Dataset entries
---+---

-- ===== src/Api/Attempts.antt =====
-- The endpoints of cpa_first/api/main.py about a user's attempts and logs, each with the user that
-- `get_current_user` gives. An endpoint that raises leaves the store as it is.
use xeno_pre_test.Prelude.{
  ℕ, if◌then◌else◌, Option, none, some, List, map, String, str_eq, mem_str, length,
}
use xeno_pre_test.Records.Logs.{
  Log, MistakeLog, AttemptDiagnosis, add_mistake_log, list_mistake_logs, count_mistake_logs,
  delete_mistake_logs, add_attempt_diagnosis, list_attempt_diagnoses, delete_attempt_diagnoses,
}
use xeno_pre_test.Diagnosis.Attempt.{
  ℤ, pos, Diagnosis, Outcome, choice_out_of_range, negative_time, no_time_limit, index_error,
  diagnosed, diagnose_problem_attempt,
}
use xeno_pre_test.Api.Model.{Question, question_by_id, Answer, ok, http_error, Store}

abbrev question_of : AttemptDiagnosis → String
question_of a = a.question_id

-- `_attempted_ids`
unfoldable pub attempted_ids : Store → ℕ → List String
unfolding list_attempt_diagnoses
attempted_ids s user = map question_of (list_attempt_diagnoses user s.attempts)

pub record AttemptRequest : Type 0 where
  pub question_id : String
  pub selected_choice : ℕ
  pub time_seconds : Option ℕ
  pub time_limit_seconds : ℕ

pub record Attempted : Type 0 where
  pub attempt : AttemptDiagnosis
  pub diagnosis : Diagnosis
  pub explanation : String
  pub explanation_kind : String

abbrev time_of : Option ℕ → Option ℤ
time_of none = none
time_of (some t) = some (pos t)

abbrev given_kind : String → Option String → String
given_kind k none = k
given_kind k (some j) = if str_eq j "" then k else j

-- `problem_map.get("explanation_kind") or ("seed_solution_map" if explanation else "none")`
unfoldable pub stated_kind : Question → String
stated_kind m =
    given_kind (if str_eq m.explanation "" then "none" else "seed_solution_map") m.explanation_kind

-- The kind that an attempt's answer names.
unfoldable pub kind_of : Question → String
unfolding stated_kind
kind_of m = if str_eq m.explanation "" then "none" else stated_kind m

-- Times and the id of the attempt are given; `dump` is the JSON of a diagnosis.
module _ (dump : Diagnosis → String) (questions : List Question) where
  -- The row that is added.
  abbrev pub attempt_row : ℕ → ℕ → String → AttemptRequest → Diagnosis → AttemptDiagnosis
  attempt_row user now drawn req d = record {
    attempt_id = drawn;
    user_id = user;
    question_id = req.question_id;
    selected_choice = req.selected_choice;
    time_seconds = req.time_seconds;
    time_limit_seconds = req.time_limit_seconds;
    created_at = now;
    diagnosis = dump d;
  }

  -- The answer to an attempt with this outcome. `choices[correct_choice]` out of range, and an id that is
  -- stored, are errors that no handler expects.
  unfoldable pub answer_attempt :
      ℕ → ℕ → String → AttemptRequest → Question → Outcome → Store → Answer Attempted × Store
  unfolding add_attempt_diagnosis kind_of
  answer_attempt user now drawn req m choice_out_of_range s = (http_error 422, s)
  answer_attempt user now drawn req m negative_time s = (http_error 422, s)
  answer_attempt user now drawn req m no_time_limit s = (http_error 422, s)
  answer_attempt user now drawn req m index_error s = (http_error 500, s)
  answer_attempt user now drawn req m (diagnosed d) s =
      let row = attempt_row user now drawn req d in
      elim (add_attempt_diagnosis row s.attempts) [
        | none ↦ (http_error 500, s)
        | some rows ↦ (
          ok record {
            attempt = row;
            diagnosis = d;
            explanation = m.explanation;
            explanation_kind = kind_of m;
          },
          record s { attempts = rows },
        )
      ]

  unfoldable pub diagnose_attempt :
      ℕ → ℕ → String → AttemptRequest → Store → Answer Attempted × Store
  unfolding question_by_id answer_attempt diagnose_problem_attempt
  diagnose_attempt user now drawn req s = elim (question_by_id req.question_id questions) [
    | none ↦ (http_error 404, s)
    | some m ↦
        answer_attempt user now drawn req m
          (diagnose_problem_attempt m.problem (pos req.selected_choice) (time_of req.time_seconds)
            (pos req.time_limit_seconds))
          s
  ]

unfoldable pub list_attempts : ℕ → Store → List AttemptDiagnosis
unfolding list_attempt_diagnoses
list_attempts user s = list_attempt_diagnoses user s.attempts

unfoldable pub clear_attempts : ℕ → Store → Store
unfolding delete_attempt_diagnoses
clear_attempts user s = record s { attempts = delete_attempt_diagnoses user s.attempts }

-- A log of a problem that is known; the user's number of logs after it.
unfoldable pub add_log : List String → ℕ → ℕ → Log → Store → Answer ℕ × Store
unfolding add_mistake_log count_mistake_logs
add_log problem_ids user now log s =
    let rows = (add_mistake_log now user log s.logs).1 in
    if mem_str log.problem_id problem_ids
    then (ok (count_mistake_logs user rows), record s { logs = rows })
    else (http_error 400, s)

unfoldable pub list_logs : ℕ → Store → ℕ × List MistakeLog
unfolding list_mistake_logs
list_logs user s = let logs = list_mistake_logs user s.logs in (length logs, logs)

unfoldable pub clear_logs : ℕ → Store → Store
unfolding delete_mistake_logs
clear_logs user s = record s { logs = delete_mistake_logs user s.logs }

---+---

--- Exercise ---
When you reply, retype each line exactly as it appears above.

--- Your response ---
-- ===== src/Api/Attempts.antt =====
-- The endpoints of cpa_first/api/main.py about a user's attempts and logs, each with the user that
-- `get_current_user` gives. An endpoint that raises leaves the store as it is.
use xeno_pre_test.Prelude.{
  ℕ, if◌then◌else◌, Option, none, some, List, map, String, str_eq, mem_str, length,
}
use xeno_pre_test.Records.Logs.{
  Log, MistakeLog, AttemptDiagnosis, add_mistake_log, list_mistake_logs, count_mistake_logs,
  delete_mistake_logs, add_attempt_diagnosis, list_attempt_diagnoses, delete_attempt_diagnoses,
}
use xeno_pre_test.Diagnosis.Attempt.{
  ℤ, pos, Diagnosis, Outcome, choice_out_of_range, negative_time, no_time_limit, index_error,
  diagnosed, diagnose_problem_attempt,
}
use xeno_pre_test.Api.Model.{Question, question_by_id, Answer, ok, http_error, Store}

abbrev question_of : AttemptDiagnosis → String
question_of a = a.question_id

-- `_attempted_ids`
unfoldable pub attempted_ids : Store → ℕ → List String
unfolding list_attempt_diagnoses
attempted_ids s user = map question_of (list_attempt_diagnoses user s.attempts)

pub record AttemptRequest : Type 0 where
  pub question_id : String
  pub selected_choice : ℕ
  pub time_seconds : Option ℕ
  pub time_limit_seconds : ℕ

pub record Attempted : Type 0 where
  pub attempt : AttemptDiagnosis
  pub diagnosis : Diagnosis
  pub explanation : String
  pub explanation_kind : String

abbrev time_of : Option ℕ → Option ℤ
time_of none = none
time_of (some t) = some (pos t)

abbrev given_kind : String → Option String → String
given_kind k none = k
given_kind k (some j) = if str_eq j "" then k else j

-- `problem_map.get("explanation_kind") or ("seed_solution_map" if explanation else "none")`
unfoldable pub stated_kind : Question → String
stated_kind m =
    given_kind (if str_eq m.explanation "" then "none" else "seed_solution_map") m.explanation_kind

-- The kind that an attempt's answer names.
unfoldable pub kind_of : Question → String
unfolding stated_kind
kind_of m = if str_eq m.explanation "" then "none" else stated_kind m

-- Times and the id of the attempt are given; `dump` is the JSON of a diagnosis.
module _ (dump : Diagnosis → String) (questions : List Question) where
  -- The row that is added.
  abbrev pub attempt_row : ℕ → ℕ → String → AttemptRequest → Diagnosis → AttemptDiagnosis
  attempt_row user now drawn req d = record {
    attempt_id = drawn;
    user_id = user;
    question_id = req.question_id;
    selected_choice = req.selected_choice;
    time_seconds = req.time_seconds;
    time_limit_seconds = req.time_limit_seconds;
    created_at = now;
    diagnosis = dump d;
  }

  -- The answer to an attempt with this outcome. `choices[correct_choice]` out of range, and an id that is
  -- stored, are errors that no handler expects.
  unfoldable pub answer_attempt :
      ℕ → ℕ → String → AttemptRequest → Question → Outcome → Store → Answer Attempted × Store
  unfolding add_attempt_diagnosis kind_of
  answer_attempt user now drawn req m choice_out_of_range s = (http_error 422, s)
  answer_attempt user now drawn req m negative_time s = (http_error 422, s)
  answer_attempt user now drawn req m no_time_limit s = (http_error 422, s)
  answer_attempt user now drawn req m index_error s = (http_error 500, s)
  answer_attempt user now drawn req m (diagnosed d) s =
      let row = attempt_row user now drawn req d in
      elim (add_attempt_diagnosis row s.attempts) [
        | none ↦ (http_error 500, s)
        | some rows ↦ (
          ok record {
            attempt = row;
            diagnosis = d;
            explanation = m.explanation;
            explanation_kind = kind_of m;
          },
          record s { attempts = rows },
        )
      ]

  unfoldable pub diagnose_attempt :
      ℕ → ℕ → String → AttemptRequest → Store → Answer Attempted × Store
  unfolding question_by_id answer_attempt diagnose_problem_attempt
  diagnose_attempt user now drawn req s = elim (question_by_id req.question_id questions) [
    | none ↦ (http_error 404, s)
    | some m ↦
        answer_attempt user now drawn req m
          (diagnose_problem_attempt m.problem (pos req.selected_choice) (time_of req.time_seconds)
            (pos req.time_limit_seconds))
          s
  ]

unfoldable pub list_attempts : ℕ → Store → List AttemptDiagnosis
unfolding list_attempt_diagnoses
list_attempts user s = list_attempt_diagnoses user s.attempts

unfoldable pub clear_attempts : ℕ → Store → Store
unfolding delete_attempt_diagnoses
clear_attempts user s = record s { attempts = delete_attempt_diagnoses user s.attempts }

-- A log of a problem that is known; the user's number of logs after it.
unfoldable pub add_log : List String → ℕ → ℕ → Log → Store → Answer ℕ × Store
unfolding add_mistake_log count_mistake_logs
add_log problem_ids user now log s =
    let rows = (add_mistake_log now user log s.logs).1 in
    if mem_str log.problem_id problem_ids
    then (ok (count_mistake_logs user rows), record s { logs = rows })
    else (http_error 400, s)

unfoldable pub list_logs : ℕ → Store → ℕ × List MistakeLog
unfolding list_mistake_logs
list_logs user s = let logs = list_mistake_logs user s.logs in (length logs, logs)

unfoldable pub clear_logs : ℕ → Store → Store
unfolding delete_mistake_logs
clear_logs user s = record s { logs = delete_mistake_logs user s.logs }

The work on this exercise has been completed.